_AIM OF THE TASK_. Copy each line of the listing that includes "Groups".

_DATA FOR REVIEW_.
────────────────────────────────────────

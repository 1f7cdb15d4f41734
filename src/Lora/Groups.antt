-- ===== src/Lora/Groups.antt =====
-- The LinkADRReq of the 500 kHz channels in src/radio/lorawan.py.
use mathlib.Core.Path.{subst}
use wqm.Prelude.{
  ℕ, zero, suc, ◌+◌, ◌*◌, ◌/◌, ◌%◌, ◌^◌, ◌≤◌, ◌<◌, ◌≡◌, refl, ap, get_or, Bool, none, some, List,
  [], ◌∷◌, arith, ◌==◌, length, inl, inr, Bool-cases, Option-cases, ◌∙◌, sym,
}
use wqm.Lora.{Bytes, Mac}
use wqm.Lora.Commands.{
  byte, set_mask, set_bits, new_mask, apply_link_adr, handle_link_adr, handle_mac_command,
  try_command,
}
use wqm.Lora.Masks.{KeepsLength, length-set_mask}

set_mask-outside :
    (i : ℕ) (v : Bool) (mask : List Bool) → length mask ≤ i → set_mask i v mask ≡ none
unfolding set_mask
set_mask-outside i v [] h = refl
set_mask-outside zero v (x ∷ xs) h = absurd (omega arith)
set_mask-outside (suc i) v (x ∷ xs) h = rw (set_mask-outside i v xs (omega arith)) refl

some-none : (mask : List Bool) → some mask ≡ none → ⊥
some-none mask h = ground (arith, h)

set_bits-outside :
    (test : ℕ → Bool) (bit count : ℕ) (mask : List Bool)
    → length mask ≡ 72
    → bit < 9
    → 8 < bit + count
    → set_bits test 64 bit count mask ≡ none
unfolding set_bits
set_bits-outside test bit zero mask e h k = absurd (omega arith)
set_bits-outside test bit (suc count) mask e h k =
    elim (Option-cases (set_mask (64 + bit) (test bit) mask)) [
      | inl gone ↦ rw gone refl
      | inr (mask', found) ↦ rw found (elim (Bool-cases (bit == 8)) [
        | inl last ↦ absurd (
            some-none mask'
              (sym found ∙ set_mask-outside (64 + bit) (test bit) mask (ground arith)))
        | inr more ↦
            set_bits-outside test (suc bit) count mask'
              (subst (KeepsLength (length mask)) found (length-set_mask (64 + bit) (test bit) mask)
                ∙ e)
              (ground arith) (omega arith)
      ])
    ]

new_mask-wide : (bits : ℕ) (mask : List Bool) → length mask ≡ 72 → new_mask 4 bits mask ≡ none
unfolding new_mask
new_mask-wide bits mask e =
    rw (set_bits-outside (λ bit. bits / 2 ^ bit % 2 == 1) 0 16 mask e (omega arith) (omega arith))
      refl

wide_raises :
    (args : Bytes) (m : Mac)
    → length m.channel_mask ≡ 72
    → byte args 3 / 16 % 8 ≡ 4
    → handle_link_adr args m ≡ none
unfolding handle_link_adr
wide_raises args m e h =
    ap
      (λ r. elim r [
        | none ↦ none
        | some found ↦ some (apply_link_adr (byte args 0 / 16) (byte args 0 % 16) found m)
      ])
      (subst (λ cntl. new_mask cntl (byte args 1 + byte args 2 * 256) m.channel_mask ≡ none) (sym h)
        (new_mask-wide (byte args 1 + byte args 2 * 256) m.channel_mask e))

-- A LinkADRReq with ChMaskCntl 4, which sets the 500 kHz channels, is lost: with a mask of 72
-- channels the call raises, so that nothing of the request is applied and no LinkADRAns is queued.
pub wide_request_lost :
    (args : Bytes) (m : Mac)
    → length m.channel_mask ≡ 72
    → byte args 3 / 16 % 8 ≡ 4
    → (handle_link_adr args m ≡ none) × (try_command 3 args m ≡ m)
unfolding try_command handle_mac_command
wide_request_lost args m e h =
    (wide_raises args m e h, ap (λ r. get_or r m) (wide_raises args m e h))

────────────────────────────────────────

_OUTPUT_.
filename src/Lora/Groups.antt
-- ===== src/Lora/Groups.antt =====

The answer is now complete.